## What to produce
Starting at the top line and ending at the last, restate the records exactly.

## Dataset entries
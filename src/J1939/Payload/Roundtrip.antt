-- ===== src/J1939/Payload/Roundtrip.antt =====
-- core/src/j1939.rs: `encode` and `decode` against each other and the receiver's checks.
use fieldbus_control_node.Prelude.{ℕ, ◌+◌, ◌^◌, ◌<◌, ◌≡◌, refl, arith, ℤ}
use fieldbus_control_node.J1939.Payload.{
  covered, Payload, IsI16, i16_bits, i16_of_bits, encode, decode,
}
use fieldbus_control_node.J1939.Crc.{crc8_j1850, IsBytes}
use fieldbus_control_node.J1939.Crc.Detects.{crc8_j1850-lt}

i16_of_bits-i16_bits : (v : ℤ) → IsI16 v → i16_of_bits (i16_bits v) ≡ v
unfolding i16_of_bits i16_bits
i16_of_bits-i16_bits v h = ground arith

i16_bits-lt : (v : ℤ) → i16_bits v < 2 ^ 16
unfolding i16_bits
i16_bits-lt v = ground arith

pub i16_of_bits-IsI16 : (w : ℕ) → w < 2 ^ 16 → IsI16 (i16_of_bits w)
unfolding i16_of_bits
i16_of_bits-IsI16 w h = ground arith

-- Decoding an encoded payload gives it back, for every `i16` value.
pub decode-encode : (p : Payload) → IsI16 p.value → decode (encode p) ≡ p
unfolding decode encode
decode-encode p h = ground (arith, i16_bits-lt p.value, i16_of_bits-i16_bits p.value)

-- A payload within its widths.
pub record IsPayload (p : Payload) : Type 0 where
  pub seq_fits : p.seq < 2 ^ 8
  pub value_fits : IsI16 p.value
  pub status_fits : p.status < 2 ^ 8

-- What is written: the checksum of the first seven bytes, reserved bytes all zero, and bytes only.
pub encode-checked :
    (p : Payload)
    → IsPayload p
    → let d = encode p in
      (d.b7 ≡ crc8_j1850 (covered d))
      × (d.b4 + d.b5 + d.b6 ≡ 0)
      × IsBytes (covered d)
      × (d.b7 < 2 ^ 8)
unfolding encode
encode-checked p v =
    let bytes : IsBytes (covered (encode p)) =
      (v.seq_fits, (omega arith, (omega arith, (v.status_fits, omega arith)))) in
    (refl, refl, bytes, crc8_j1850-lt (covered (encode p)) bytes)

## Answer to the exercise
filename src/J1939/Payload/Roundtrip.antt
-- ===== src/J1939/Payload/Roundtrip.antt =====
-- core/src/j1939.rs: `encode` and `decode` against each other and the receiver's checks.
use fieldbus_control_node.Prelude.{ℕ, ◌+◌, ◌^◌, ◌<◌, ◌≡◌, refl, arith, ℤ}
use fieldbus_control_node.J1939.Payload.{
  covered, Payload, IsI16, i16_bits, i16_of_bits, encode, decode,
}
use fieldbus_control_node.J1939.Crc.{crc8_j1850, IsBytes}
use fieldbus_control_node.J1939.Crc.Detects.{crc8_j1850-lt}

i16_of_bits-i16_bits : (v : ℤ) → IsI16 v → i16_of_bits (i16_bits v) ≡ v
unfolding i16_of_bits i16_bits
i16_of_bits-i16_bits v h = ground arith

i16_bits-lt : (v : ℤ) → i16_bits v < 2 ^ 16
unfolding i16_bits
i16_bits-lt v = ground arith

pub i16_of_bits-IsI16 : (w : ℕ) → w < 2 ^ 16 → IsI16 (i16_of_bits w)
unfolding i16_of_bits
i16_of_bits-IsI16 w h = ground arith

-- Decoding an encoded payload gives it back, for every `i16` value.
pub decode-encode : (p : Payload) → IsI16 p.value → decode (encode p) ≡ p
unfolding decode encode
decode-encode p h = ground (arith, i16_bits-lt p.value, i16_of_bits-i16_bits p.value)

-- A payload within its widths.
pub record IsPayload (p : Payload) : Type 0 where
  pub seq_fits : p.seq < 2 ^ 8
  pub value_fits : IsI16 p.value
  pub status_fits : p.status < 2 ^ 8

-- What is written: the checksum of the first seven bytes, reserved bytes all zero, and bytes only.
pub encode-checked :
    (p : Payload)
    → IsPayload p
    → let d = encode p in
      (d.b7 ≡ crc8_j1850 (covered d))
      × (d.b4 + d.b5 + d.b6 ≡ 0)
      × IsBytes (covered d)
      × (d.b7 < 2 ^ 8)
unfolding encode
encode-checked p v =
    let bytes : IsBytes (covered (encode p)) =
      (v.seq_fits, (omega arith, (omega arith, (v.status_fits, omega arith)))) in
    (refl, refl, bytes, crc8_j1850-lt (covered (encode p)) bytes)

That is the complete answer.